* PROBLEM REQUIREMENTS: Could you please find each line in the records that contains the word "formerly" and copy it?
##### TASK MATERIAL
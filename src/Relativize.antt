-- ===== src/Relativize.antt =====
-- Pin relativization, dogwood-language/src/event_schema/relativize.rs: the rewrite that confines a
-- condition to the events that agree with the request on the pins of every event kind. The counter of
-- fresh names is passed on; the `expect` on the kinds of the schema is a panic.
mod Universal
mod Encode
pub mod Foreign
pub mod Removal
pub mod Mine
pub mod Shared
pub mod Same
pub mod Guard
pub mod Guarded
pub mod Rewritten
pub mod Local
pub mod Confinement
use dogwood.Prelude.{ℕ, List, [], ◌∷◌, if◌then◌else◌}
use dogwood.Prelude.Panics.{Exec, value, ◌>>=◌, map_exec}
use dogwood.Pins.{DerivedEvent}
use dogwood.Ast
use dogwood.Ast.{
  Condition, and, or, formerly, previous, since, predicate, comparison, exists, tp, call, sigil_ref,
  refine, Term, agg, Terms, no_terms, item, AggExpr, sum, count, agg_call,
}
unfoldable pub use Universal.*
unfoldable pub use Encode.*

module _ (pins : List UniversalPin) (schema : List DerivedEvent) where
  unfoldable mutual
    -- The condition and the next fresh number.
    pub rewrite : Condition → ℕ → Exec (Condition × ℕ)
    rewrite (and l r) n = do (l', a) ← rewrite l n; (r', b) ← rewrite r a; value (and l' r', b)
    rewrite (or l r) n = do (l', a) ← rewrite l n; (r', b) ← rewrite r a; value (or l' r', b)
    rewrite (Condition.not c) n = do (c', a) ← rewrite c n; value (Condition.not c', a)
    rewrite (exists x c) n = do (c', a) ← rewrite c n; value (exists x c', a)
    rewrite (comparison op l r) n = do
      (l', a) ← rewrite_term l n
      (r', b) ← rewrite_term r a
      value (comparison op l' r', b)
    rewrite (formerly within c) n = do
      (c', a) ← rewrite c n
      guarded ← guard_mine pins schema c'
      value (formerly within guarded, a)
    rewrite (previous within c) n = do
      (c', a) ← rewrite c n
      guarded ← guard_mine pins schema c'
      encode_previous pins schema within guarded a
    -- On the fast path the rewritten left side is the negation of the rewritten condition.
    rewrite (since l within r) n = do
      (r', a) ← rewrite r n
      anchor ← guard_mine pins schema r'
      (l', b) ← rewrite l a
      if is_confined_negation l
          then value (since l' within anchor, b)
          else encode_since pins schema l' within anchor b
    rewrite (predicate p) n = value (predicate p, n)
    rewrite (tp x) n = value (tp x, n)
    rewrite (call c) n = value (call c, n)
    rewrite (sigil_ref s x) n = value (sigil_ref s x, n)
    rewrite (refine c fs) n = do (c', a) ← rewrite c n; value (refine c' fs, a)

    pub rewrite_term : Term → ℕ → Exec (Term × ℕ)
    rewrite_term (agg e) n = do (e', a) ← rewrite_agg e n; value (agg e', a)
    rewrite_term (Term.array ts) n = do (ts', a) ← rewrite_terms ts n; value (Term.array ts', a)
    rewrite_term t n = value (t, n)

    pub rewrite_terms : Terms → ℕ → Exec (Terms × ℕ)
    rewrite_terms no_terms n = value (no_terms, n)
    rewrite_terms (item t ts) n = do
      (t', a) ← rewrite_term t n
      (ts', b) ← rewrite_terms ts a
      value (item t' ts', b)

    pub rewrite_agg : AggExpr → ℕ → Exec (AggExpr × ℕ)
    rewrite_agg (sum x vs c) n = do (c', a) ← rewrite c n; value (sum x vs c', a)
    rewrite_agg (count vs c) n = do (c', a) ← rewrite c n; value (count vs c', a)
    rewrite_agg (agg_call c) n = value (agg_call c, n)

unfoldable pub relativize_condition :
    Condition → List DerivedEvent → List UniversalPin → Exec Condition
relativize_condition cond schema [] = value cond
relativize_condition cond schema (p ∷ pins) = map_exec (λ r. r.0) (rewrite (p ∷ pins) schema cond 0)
##########
* REPLY TO THE TASK:
  Condition, and, or, formerly, previous, since, predicate, comparison, exists, tp, call, sigil_ref,
    rewrite (formerly within c) n = do
      value (formerly within guarded, a)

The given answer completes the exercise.